[EXTRACTED DATA — start]

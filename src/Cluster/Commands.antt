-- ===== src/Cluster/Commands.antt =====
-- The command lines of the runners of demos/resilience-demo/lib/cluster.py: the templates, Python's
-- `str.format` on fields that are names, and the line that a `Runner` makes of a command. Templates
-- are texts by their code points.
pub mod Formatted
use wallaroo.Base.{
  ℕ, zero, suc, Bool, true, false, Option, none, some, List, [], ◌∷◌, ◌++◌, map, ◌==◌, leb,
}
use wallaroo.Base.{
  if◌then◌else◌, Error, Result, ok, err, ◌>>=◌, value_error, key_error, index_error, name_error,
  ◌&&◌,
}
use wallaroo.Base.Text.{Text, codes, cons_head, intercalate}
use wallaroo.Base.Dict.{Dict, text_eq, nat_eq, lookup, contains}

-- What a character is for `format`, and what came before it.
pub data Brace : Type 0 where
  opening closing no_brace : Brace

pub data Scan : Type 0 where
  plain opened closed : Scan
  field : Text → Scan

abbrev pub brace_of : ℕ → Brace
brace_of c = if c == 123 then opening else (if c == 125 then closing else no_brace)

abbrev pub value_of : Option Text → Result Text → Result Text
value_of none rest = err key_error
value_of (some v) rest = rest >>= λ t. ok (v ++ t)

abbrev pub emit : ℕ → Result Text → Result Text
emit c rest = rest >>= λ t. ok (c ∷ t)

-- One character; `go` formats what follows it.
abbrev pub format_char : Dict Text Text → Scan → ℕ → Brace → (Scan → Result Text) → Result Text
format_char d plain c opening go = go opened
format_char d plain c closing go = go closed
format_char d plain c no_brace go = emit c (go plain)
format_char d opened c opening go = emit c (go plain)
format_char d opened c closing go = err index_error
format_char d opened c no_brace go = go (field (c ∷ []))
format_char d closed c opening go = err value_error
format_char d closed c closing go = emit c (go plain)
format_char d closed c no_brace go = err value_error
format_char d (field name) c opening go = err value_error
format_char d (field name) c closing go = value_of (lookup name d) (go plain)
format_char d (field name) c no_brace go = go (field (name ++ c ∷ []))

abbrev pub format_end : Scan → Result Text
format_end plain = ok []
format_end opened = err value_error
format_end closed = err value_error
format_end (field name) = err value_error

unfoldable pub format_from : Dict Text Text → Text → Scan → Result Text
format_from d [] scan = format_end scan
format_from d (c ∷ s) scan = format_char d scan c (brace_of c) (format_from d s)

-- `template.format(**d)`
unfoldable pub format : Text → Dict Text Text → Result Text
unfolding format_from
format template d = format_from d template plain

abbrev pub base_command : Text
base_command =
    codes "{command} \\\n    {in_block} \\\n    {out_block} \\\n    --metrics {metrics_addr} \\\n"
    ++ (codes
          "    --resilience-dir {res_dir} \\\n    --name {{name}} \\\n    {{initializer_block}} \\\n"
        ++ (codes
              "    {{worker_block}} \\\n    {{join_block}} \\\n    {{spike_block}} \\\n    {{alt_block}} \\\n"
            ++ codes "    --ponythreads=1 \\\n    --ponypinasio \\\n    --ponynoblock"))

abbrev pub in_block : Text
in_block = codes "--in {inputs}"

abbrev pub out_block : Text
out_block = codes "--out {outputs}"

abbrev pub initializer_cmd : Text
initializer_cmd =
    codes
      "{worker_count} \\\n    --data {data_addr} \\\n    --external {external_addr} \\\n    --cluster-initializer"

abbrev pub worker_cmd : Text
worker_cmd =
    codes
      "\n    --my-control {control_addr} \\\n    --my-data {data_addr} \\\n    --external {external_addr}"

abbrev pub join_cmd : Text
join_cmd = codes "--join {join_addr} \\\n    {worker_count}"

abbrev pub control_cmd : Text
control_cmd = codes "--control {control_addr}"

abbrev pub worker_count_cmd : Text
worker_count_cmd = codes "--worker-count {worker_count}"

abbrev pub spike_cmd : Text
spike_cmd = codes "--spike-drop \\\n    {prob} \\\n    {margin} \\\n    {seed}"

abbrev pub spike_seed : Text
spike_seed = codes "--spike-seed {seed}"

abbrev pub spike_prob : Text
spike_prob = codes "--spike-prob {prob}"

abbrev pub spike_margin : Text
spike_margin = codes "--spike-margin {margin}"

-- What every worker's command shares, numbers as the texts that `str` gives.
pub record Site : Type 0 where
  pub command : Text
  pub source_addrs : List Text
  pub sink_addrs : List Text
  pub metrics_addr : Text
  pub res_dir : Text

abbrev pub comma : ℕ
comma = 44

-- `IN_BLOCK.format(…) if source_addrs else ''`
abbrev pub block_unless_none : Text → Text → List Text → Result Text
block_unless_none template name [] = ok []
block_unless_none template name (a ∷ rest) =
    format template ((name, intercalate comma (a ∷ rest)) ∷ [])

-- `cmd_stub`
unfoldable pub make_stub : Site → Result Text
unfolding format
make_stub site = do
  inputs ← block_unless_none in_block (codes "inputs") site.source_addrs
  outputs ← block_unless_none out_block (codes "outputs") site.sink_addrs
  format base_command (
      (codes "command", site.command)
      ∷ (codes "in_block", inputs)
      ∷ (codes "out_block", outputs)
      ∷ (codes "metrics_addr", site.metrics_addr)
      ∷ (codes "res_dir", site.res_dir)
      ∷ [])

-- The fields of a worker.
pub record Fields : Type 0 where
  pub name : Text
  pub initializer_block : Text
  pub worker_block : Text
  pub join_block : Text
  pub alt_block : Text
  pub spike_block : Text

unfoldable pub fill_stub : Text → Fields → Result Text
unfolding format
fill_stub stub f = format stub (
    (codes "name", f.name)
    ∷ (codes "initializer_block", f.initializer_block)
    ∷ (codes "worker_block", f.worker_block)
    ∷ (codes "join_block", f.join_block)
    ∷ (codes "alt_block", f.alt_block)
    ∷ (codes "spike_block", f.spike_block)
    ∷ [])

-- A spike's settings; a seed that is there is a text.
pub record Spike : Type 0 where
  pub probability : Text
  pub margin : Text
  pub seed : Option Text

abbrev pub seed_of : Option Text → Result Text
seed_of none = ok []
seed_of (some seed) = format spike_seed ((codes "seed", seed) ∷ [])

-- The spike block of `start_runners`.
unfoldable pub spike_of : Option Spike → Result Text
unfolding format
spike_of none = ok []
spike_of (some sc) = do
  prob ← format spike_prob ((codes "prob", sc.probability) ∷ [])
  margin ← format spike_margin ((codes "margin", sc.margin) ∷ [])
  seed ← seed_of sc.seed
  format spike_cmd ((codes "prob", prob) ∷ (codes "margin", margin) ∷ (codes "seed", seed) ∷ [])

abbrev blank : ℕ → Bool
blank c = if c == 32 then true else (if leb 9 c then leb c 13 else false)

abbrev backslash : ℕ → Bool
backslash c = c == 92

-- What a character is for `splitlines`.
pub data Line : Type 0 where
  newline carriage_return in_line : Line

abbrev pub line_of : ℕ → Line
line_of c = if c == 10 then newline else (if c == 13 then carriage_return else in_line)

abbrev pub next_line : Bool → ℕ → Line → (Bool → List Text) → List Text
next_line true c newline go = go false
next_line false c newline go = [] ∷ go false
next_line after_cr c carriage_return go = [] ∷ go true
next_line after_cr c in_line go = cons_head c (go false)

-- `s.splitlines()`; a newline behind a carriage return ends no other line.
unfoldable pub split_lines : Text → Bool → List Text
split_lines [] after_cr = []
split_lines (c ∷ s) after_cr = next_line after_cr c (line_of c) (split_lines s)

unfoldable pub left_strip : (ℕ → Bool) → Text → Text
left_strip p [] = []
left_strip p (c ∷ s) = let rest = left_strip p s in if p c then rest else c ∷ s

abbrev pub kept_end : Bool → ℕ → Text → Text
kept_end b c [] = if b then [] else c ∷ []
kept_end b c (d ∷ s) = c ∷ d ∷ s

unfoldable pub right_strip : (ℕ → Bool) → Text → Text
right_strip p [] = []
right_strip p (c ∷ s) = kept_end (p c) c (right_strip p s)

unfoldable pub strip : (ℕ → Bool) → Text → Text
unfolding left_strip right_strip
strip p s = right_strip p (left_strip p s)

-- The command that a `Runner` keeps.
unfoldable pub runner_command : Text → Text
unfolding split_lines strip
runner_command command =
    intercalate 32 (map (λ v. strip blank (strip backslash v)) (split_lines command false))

[EXTRACTED DATA — finish]
[EXTRACTED DATA — start]

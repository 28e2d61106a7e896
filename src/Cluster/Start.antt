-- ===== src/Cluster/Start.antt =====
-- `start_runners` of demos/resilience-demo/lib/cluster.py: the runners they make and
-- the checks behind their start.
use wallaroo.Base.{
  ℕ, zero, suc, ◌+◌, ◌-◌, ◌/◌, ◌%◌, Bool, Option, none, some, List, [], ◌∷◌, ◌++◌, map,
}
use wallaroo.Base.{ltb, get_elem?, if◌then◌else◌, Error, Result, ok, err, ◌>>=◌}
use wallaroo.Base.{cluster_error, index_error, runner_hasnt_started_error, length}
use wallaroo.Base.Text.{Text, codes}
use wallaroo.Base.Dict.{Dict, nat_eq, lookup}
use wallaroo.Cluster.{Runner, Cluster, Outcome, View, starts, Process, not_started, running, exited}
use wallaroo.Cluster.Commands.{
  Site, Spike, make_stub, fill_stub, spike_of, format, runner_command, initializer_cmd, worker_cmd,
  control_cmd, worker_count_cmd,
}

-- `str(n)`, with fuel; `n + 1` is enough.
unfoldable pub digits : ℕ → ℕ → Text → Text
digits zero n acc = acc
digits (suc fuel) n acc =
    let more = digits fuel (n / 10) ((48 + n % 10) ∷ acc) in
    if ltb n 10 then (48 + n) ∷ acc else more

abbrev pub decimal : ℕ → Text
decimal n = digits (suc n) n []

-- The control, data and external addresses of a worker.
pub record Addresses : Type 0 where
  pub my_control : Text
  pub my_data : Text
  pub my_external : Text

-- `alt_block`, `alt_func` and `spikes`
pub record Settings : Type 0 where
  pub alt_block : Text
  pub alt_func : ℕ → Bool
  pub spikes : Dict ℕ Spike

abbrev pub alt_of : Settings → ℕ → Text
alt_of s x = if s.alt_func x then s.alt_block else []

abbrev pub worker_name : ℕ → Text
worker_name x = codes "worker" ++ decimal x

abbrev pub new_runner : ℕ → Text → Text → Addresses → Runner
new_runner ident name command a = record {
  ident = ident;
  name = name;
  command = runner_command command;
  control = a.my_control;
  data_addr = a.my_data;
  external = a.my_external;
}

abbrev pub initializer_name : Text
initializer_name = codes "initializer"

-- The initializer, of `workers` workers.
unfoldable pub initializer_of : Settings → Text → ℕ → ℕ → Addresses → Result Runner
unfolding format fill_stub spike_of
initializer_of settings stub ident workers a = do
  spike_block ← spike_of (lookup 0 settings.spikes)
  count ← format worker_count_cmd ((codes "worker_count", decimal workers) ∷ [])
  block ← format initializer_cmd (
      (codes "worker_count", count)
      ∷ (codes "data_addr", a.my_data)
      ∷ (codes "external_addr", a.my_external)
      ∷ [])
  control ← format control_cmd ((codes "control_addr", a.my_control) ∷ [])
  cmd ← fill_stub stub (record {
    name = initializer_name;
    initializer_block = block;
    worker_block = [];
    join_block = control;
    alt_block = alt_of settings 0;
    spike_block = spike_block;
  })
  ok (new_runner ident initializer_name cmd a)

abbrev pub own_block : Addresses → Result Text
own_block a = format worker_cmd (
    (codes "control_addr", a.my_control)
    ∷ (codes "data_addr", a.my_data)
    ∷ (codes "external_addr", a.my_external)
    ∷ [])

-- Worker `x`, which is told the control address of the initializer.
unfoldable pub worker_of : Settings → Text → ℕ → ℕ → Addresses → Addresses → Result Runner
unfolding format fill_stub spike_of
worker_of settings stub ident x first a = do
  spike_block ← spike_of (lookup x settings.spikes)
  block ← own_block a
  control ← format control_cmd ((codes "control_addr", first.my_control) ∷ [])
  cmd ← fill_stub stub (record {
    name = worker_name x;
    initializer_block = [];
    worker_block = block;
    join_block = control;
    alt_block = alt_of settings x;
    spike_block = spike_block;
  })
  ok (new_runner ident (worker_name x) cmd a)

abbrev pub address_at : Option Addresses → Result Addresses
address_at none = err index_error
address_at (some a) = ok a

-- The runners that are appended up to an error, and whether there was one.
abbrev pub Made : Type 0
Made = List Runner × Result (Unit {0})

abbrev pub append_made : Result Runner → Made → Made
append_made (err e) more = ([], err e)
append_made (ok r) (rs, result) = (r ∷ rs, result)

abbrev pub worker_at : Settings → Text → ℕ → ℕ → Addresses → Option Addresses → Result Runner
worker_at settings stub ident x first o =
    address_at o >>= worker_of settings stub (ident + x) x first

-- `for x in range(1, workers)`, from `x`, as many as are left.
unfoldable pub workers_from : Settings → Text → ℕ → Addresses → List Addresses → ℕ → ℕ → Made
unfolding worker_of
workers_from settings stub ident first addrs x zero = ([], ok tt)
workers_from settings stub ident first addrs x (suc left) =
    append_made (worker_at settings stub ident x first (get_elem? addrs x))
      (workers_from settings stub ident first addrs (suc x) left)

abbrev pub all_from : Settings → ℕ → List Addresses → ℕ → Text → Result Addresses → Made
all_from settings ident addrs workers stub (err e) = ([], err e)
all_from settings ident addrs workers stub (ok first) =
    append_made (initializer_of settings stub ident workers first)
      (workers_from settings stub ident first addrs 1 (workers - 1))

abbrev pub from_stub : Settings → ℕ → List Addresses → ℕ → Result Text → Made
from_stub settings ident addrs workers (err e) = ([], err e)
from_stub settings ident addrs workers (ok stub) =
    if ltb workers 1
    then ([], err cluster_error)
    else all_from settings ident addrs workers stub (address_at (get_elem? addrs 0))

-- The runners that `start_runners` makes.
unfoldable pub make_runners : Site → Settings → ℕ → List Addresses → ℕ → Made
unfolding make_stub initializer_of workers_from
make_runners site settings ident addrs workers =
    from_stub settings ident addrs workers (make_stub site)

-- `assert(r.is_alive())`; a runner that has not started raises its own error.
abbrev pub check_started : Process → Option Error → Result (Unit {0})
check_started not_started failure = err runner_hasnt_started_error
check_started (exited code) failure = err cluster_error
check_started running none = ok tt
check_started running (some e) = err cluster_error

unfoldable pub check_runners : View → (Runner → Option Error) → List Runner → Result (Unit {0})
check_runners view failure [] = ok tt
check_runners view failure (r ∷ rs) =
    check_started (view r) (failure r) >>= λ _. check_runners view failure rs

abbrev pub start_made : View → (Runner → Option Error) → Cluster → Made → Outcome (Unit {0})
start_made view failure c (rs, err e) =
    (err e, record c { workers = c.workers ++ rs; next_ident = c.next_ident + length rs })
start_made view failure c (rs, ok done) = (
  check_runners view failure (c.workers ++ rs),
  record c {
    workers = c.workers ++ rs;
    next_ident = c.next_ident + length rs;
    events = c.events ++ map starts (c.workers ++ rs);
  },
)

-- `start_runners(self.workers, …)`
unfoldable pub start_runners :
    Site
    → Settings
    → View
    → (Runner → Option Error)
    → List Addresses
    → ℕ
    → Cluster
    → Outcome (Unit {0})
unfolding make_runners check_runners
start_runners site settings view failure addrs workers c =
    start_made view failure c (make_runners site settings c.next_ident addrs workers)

[EXTRACTED DATA — finish]

_WORK ITEM_
Your answer should consist solely of the lines above from the line with "count ← format" to the line with "a.my_control) ∷ [])", both included, reproduced exactly.

_ANSWER FOR THE TASK_
  count ← format worker_count_cmd ((codes "worker_count", decimal workers) ∷ [])
  block ← format initializer_cmd (
      (codes "worker_count", count)
      ∷ (codes "data_addr", a.my_data)
      ∷ (codes "external_addr", a.my_external)
      ∷ [])
  control ← format control_cmd ((codes "control_addr", a.my_control) ∷ [])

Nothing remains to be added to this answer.